Rivian Automotive Inc.’s (NASDAQ: RIVN) shares inches down in pre trading session on Monday as the steady decline in the share price of Rivian Automotive Inc. reveals an ugly truth: investors have lost trust in the capacity of the Amazon.com Inc.-backed business to compete in a competitive electric-vehicle industry.
After a 93% stock wipeout, a market capitalization that exceeded $150 billion days after a blockbuster public trading debut in late 2021 now stands at less than $12 billion, reflecting almost no value beyond the company’s cash hoard.
Rivian, like other EV startups, lacks the benefits of large-scale manufacturing cost savings at a time when legacy auto manufacturers are actively pushing into the market and Tesla Inc.’s pricing cuts are pressing rivals to follow suit. And, as the Federal Reserve continues to tighten monetary policy, raising capital to fund that larger scale has become increasingly difficult.

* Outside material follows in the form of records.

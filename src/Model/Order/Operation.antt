-- ===== src/Model/Order/Operation.antt =====
-- `OrderOperation` of model/order.go with its view.
pub mod Spec
use pit_go.Base.{ℕ, Option, List}
use pit_go.Model.Param.{
  option_of, if_some, Instrument, no_instrument, instrument_handle, new_instrument_from_handle,
  Side, new_side_from_handle, side_handle, TradeAmount, new_trade_amount_from_handle,
}
use pit_go.Model.Native.OrderOperation as NativeOrderOperation
use pit_go.Model.Native.OrderOperation.{NativeOrderOperation}

pub record OrderOperation : Type 0 where
  pub value : NativeOrderOperation
  pub retain_instrument : Instrument

-- The optional fields, with what stands for an instrument or an asset.
pub record OrderOperationValues (I : Type 0) : Type 0 where
  pub trade_amount : Option TradeAmount
  pub instrument : Option I
  pub price : Option ℕ
  pub account_id : Option ℕ
  pub side : Option Side

unfoldable pub new : OrderOperation
unfolding NativeOrderOperation.new
new = record { value = NativeOrderOperation.new; retain_instrument = no_instrument }

unfoldable pub reset : OrderOperation → OrderOperation
unfolding NativeOrderOperation.new
reset o = record { value = NativeOrderOperation.new; retain_instrument = no_instrument }

unfoldable pub set_trade_amount : TradeAmount → OrderOperation → OrderOperation
unfolding NativeOrderOperation.set_trade_amount
set_trade_amount v o = record o { value = NativeOrderOperation.set_trade_amount v o.value }

unfoldable pub unset_trade_amount : OrderOperation → OrderOperation
unfolding NativeOrderOperation.unset_trade_amount
unset_trade_amount o = record o { value = NativeOrderOperation.unset_trade_amount o.value }

unfoldable pub get_trade_amount : OrderOperation → Option TradeAmount
get_trade_amount o = new_trade_amount_from_handle o.value.trade_amount

unfoldable pub set_instrument : Instrument → OrderOperation → OrderOperation
unfolding NativeOrderOperation.set_instrument
set_instrument v o = record o {
  value = NativeOrderOperation.set_instrument (instrument_handle v) o.value;
  retain_instrument = v;
}

unfoldable pub unset_instrument : OrderOperation → OrderOperation
unfolding NativeOrderOperation.unset_instrument
unset_instrument o = record o {
  value = NativeOrderOperation.unset_instrument o.value;
  retain_instrument = no_instrument;
}

unfoldable pub get_instrument : OrderOperation → Option (List ℕ × List ℕ)
get_instrument o = new_instrument_from_handle o.value.instrument

unfoldable pub set_price : ℕ → OrderOperation → OrderOperation
unfolding NativeOrderOperation.set_price
set_price v o = record o { value = NativeOrderOperation.set_price v o.value }

unfoldable pub unset_price : OrderOperation → OrderOperation
unfolding NativeOrderOperation.unset_price
unset_price o = record o { value = NativeOrderOperation.unset_price o.value }

unfoldable pub get_price : OrderOperation → Option ℕ
get_price o = option_of o.value.price

unfoldable pub set_account_id : ℕ → OrderOperation → OrderOperation
unfolding NativeOrderOperation.set_account_id
set_account_id v o = record o { value = NativeOrderOperation.set_account_id v o.value }

unfoldable pub unset_account_id : OrderOperation → OrderOperation
unfolding NativeOrderOperation.unset_account_id
unset_account_id o = record o { value = NativeOrderOperation.unset_account_id o.value }

unfoldable pub get_account_id : OrderOperation → Option ℕ
get_account_id o = option_of o.value.account_id

unfoldable pub set_side : Side → OrderOperation → OrderOperation
unfolding NativeOrderOperation.set_side
set_side v o = record o { value = NativeOrderOperation.set_side (side_handle v) o.value }

unfoldable pub unset_side : OrderOperation → OrderOperation
unfolding NativeOrderOperation.unset_side
unset_side o = record o { value = NativeOrderOperation.unset_side o.value }

unfoldable pub get_side : OrderOperation → Option Side
get_side o = new_side_from_handle o.value.side

unfoldable pub values : OrderOperation → OrderOperationValues (List ℕ × List ℕ)
unfolding get_trade_amount get_instrument get_price get_account_id get_side
values o = record {
  trade_amount = get_trade_amount o;
  instrument = get_instrument o;
  price = get_price o;
  account_id = get_account_id o;
  side = get_side o;
}

-- `setValues`: the fields in the order of the source.
unfoldable pub apply_values : OrderOperationValues Instrument → OrderOperation → OrderOperation
apply_values v o =
    let o1 = if_some v.trade_amount set_trade_amount o in
    let o2 = if_some v.instrument set_instrument o1 in
    let o3 = if_some v.price set_price o2 in
    let o4 = if_some v.account_id set_account_id o3 in if_some v.side set_side o4

unfoldable pub set_values : OrderOperationValues Instrument → OrderOperation → OrderOperation
set_values v o = apply_values v (reset o)

unfoldable pub new_from_values : OrderOperationValues Instrument → OrderOperation
new_from_values v = apply_values v new

-- A call of a method that changes the struct; its view has the same methods.
pub data Call : Type 0 where
  resets : Call
  sets_trade_amount : TradeAmount → Call
  unsets_trade_amount : Call
  sets_instrument : Instrument → Call
  unsets_instrument : Call
  sets_price : ℕ → Call
  unsets_price : Call
  sets_account_id : ℕ → Call
  unsets_account_id : Call
  sets_side : Side → Call
  unsets_side : Call

unfoldable pub call : Call → OrderOperation → OrderOperation
unfolding reset set_trade_amount unset_trade_amount set_instrument unset_instrument set_price
    unset_price set_account_id unset_account_id set_side unset_side
call resets o = reset o
call (sets_trade_amount v) o = set_trade_amount v o
call unsets_trade_amount o = unset_trade_amount o
call (sets_instrument v) o = set_instrument v o
call unsets_instrument o = unset_instrument o
call (sets_price v) o = set_price v o
call unsets_price o = unset_price o
call (sets_account_id v) o = set_account_id v o
call unsets_account_id o = unset_account_id o
call (sets_side v) o = set_side v o
call unsets_side o = unset_side o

“The market right now is not willing to assign any value to Rivian’s growth prospects,” said Ivana Delevska, chief investment officer at SPEAR Invest. With $11.6 billion in cash and equivalents and $1.6 billion in debt, the company “still needs to invest several billion dollars to prove out its business model,” she added.

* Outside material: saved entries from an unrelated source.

-- ===== src/Model/Native/OrderMargin.antt =====
-- The C struct OrderMargin and its functions in internal/native/order.go.
use pit_go.Base.{ℕ, none}
use pit_go.Model.Param.{StringView, TriBool, tri_not_set}

pub record NativeOrderMargin : Type 0 where
  pub collateral_asset : StringView
  pub auto_borrow : TriBool
  pub leverage : ℕ

unfoldable pub new : NativeOrderMargin
new = record { collateral_asset = none; auto_borrow = tri_not_set; leverage = 0 }

unfoldable pub set_collateral_asset : StringView → NativeOrderMargin → NativeOrderMargin
set_collateral_asset v o = record o { collateral_asset = v }

unfoldable pub unset_collateral_asset : NativeOrderMargin → NativeOrderMargin
unset_collateral_asset o = record o { collateral_asset = none }

unfoldable pub set_auto_borrow : TriBool → NativeOrderMargin → NativeOrderMargin
set_auto_borrow v o = record o { auto_borrow = v }

unfoldable pub unset_auto_borrow : NativeOrderMargin → NativeOrderMargin
unset_auto_borrow o = record o { auto_borrow = tri_not_set }

unfoldable pub set_leverage : ℕ → NativeOrderMargin → NativeOrderMargin
set_leverage v o = record o { leverage = v }

unfoldable pub unset_leverage : NativeOrderMargin → NativeOrderMargin
unset_leverage o = record o { leverage = 0 }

Wall Street experts are beginning to abandon their positive positions. RBC Capital Markets analyst Tom Narayan downgraded his recommendation from outperform to sector perform last month, citing dwindling profit margin expectations. On April 14, Piper Sandler’s Alexander Potter was downgraded in a similar manner. According to Bloomberg statistics, Rivian still has 13 buy ratings, seven holds, and two sells.
According to Bloomberg statistics, revenue expectations for the first quarter have dropped by more than 25% since the end of December. Analysts now expect the business to announce sales of around $650 million on May 9, up from $95 million in the same time last year.
Overall, it’s a difficult time to sell pricey electric pickup trucks or sport utility vehicles like the ones Rivian makes, especially with rising interest rates making car loans less appealing. The R1T pickup truck now costs at $73,000, whereas Ford’s electrified version of the enormously successful F-150 model starts about $60,000.
Brian Mulberry, client portfolio manager at Zacks Investment Management, remarked that investors tend to appreciate that this is likely a niche brand for the time being, unless they can increase production and improve sales margins.
According to Potter of Piper Sandler, Rivian will need to raise more than $4 billion to support development beyond 2025.
“Rivian should not abandon its strategy, but we believe Rivian will continue to trade at book value until funding is addressed,” he added.